Collect all lines from the records below that include the word "children".

→ **Records from a dataset**:
Start of Block

-- ===== src/Filtering/Trie/Added.antt =====
-- Add and Contains, by the marks.
use hydra_dns.Base.{
  ◌≡◌, inl, inr, refl, sym, ◌∙◌, arith, [], ◌∷◌, List, Bool, true, false, ◌&&◌, ◌||◌, if◌then◌else◌,
  Bytes, bytes_eq, bytes_eq_iff, Bool-cases, Option-cases,
}
use hydra_dns.Filtering.Trie.{TrieNode, get_child, child_or_new, add_labels, contains_labels}
use hydra_dns.Filtering.Trie.Marks.{
  Marks, no_marks, marks_at, paths_eq, marks_at-child_or_new, marks_at_put,
}

-- Add sets the end mark at its path, and the wildcard mark if it is asked to, and no other mark.
pub marks_at-add_labels :
    (p q : List Bytes) (wildcard : Bool) (n : TrieNode)
    → marks_at p (add_labels q wildcard n).0
      ≡ (if paths_eq q p then (true, (marks_at q n).1 || wildcard) else marks_at p n)
unfolding add_labels paths_eq
marks_at-add_labels [] [] wildcard n = unfold marks_at in refl
marks_at-add_labels (p ∷ ps) [] wildcard n = unfold marks_at in refl
marks_at-add_labels [] (q ∷ qs) wildcard n = unfold marks_at in refl
marks_at-add_labels (p ∷ ps) (q ∷ qs) wildcard n =
    let below = (add_labels qs wildcard (child_or_new q n.children)).0 in
    marks_at_put q p ps below n ∙ elim (Bool-cases (bytes_eq q p)) [
      | inl s ↦
          rw
            (
              s,
              marks_at-add_labels ps qs wildcard (child_or_new q n.children),
              (bytes_eq_iff q p).0 s,
              marks_at-child_or_new qs p n,
              marks_at-child_or_new ps p n,
            )
            refl
      | inr s ↦ rw s refl
    ]

-- What the marks say of a path: it ends a domain, or a part of it from the root is a wildcard.
unfoldable pub is_covered : (List Bytes → Marks) → List Bytes → Bool
is_covered marks [] = (marks []).0
is_covered marks (l ∷ ls) =
    ((marks (l ∷ [])).1 && (elim ls [ [] ↦ false | x ∷ xs ↦ true ]))
    || is_covered (λ p. marks (l ∷ p)) ls

is_covered_none : (ls : List Bytes) → is_covered (λ p. no_marks) ls ≡ false
unfolding is_covered
is_covered_none [] = refl
is_covered_none (l ∷ ls) = is_covered_none ls

-- Contains reads off the marks.
pub contains_labels_marks :
    (ls : List Bytes) (n : TrieNode) → contains_labels ls n ≡ is_covered (λ p. marks_at p n) ls
unfolding contains_labels is_covered marks_at
contains_labels_marks [] n = refl
contains_labels_marks (l ∷ ls) n = elim (Option-cases (get_child l n.children)) [
  | inl e ↦ rw (contains_labels, is_covered, marks_at, e) (sym (is_covered_none ls))
  | inr (b, e) ↦
      rw (contains_labels, is_covered, marks_at, e, contains_labels_marks ls b) (ground arith)
]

End of Block

→ **Result of this task**:
    let below = (add_labels qs wildcard (child_or_new q n.children)).0 in
              marks_at-add_labels ps qs wildcard (child_or_new q n.children),
contains_labels_marks (l ∷ ls) n = elim (Option-cases (get_child l n.children)) [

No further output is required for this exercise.